Input for this task:
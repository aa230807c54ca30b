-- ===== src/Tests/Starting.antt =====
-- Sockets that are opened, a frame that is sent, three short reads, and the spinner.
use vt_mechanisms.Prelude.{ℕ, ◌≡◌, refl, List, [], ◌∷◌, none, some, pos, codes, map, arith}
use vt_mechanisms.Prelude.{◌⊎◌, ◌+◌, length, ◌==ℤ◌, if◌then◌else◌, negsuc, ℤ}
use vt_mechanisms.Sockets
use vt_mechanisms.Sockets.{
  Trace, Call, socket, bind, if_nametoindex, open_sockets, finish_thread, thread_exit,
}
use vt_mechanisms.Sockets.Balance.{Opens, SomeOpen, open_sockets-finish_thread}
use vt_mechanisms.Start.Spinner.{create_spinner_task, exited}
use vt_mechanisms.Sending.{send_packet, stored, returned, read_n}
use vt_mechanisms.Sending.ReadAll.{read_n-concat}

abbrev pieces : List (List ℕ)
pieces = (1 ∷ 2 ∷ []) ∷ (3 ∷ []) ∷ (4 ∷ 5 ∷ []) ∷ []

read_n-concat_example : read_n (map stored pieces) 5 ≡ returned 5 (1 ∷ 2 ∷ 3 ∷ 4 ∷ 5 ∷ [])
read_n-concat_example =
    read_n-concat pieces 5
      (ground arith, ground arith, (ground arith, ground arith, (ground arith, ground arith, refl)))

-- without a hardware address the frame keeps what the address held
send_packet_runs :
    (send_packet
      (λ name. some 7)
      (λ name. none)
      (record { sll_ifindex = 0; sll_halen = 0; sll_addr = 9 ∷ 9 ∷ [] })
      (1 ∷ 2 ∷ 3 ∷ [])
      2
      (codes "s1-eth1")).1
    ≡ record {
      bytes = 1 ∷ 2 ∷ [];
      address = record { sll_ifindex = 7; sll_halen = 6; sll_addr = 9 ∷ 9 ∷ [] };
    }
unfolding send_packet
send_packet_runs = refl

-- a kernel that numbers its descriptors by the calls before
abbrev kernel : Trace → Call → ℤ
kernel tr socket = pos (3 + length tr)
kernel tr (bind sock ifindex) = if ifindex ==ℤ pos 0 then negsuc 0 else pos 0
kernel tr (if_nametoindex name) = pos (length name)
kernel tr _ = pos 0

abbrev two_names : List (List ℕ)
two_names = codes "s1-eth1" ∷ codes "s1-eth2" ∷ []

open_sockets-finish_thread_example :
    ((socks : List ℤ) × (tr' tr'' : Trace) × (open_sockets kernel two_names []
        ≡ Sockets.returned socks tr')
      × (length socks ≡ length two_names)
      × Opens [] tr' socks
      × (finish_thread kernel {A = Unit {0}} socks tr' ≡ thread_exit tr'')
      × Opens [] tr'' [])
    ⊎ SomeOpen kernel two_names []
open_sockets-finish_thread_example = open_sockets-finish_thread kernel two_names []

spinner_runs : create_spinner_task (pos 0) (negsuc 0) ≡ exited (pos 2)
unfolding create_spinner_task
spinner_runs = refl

Exercise: Among the lines above, count those that hold the word "List" and give only the count.

Written answer: 4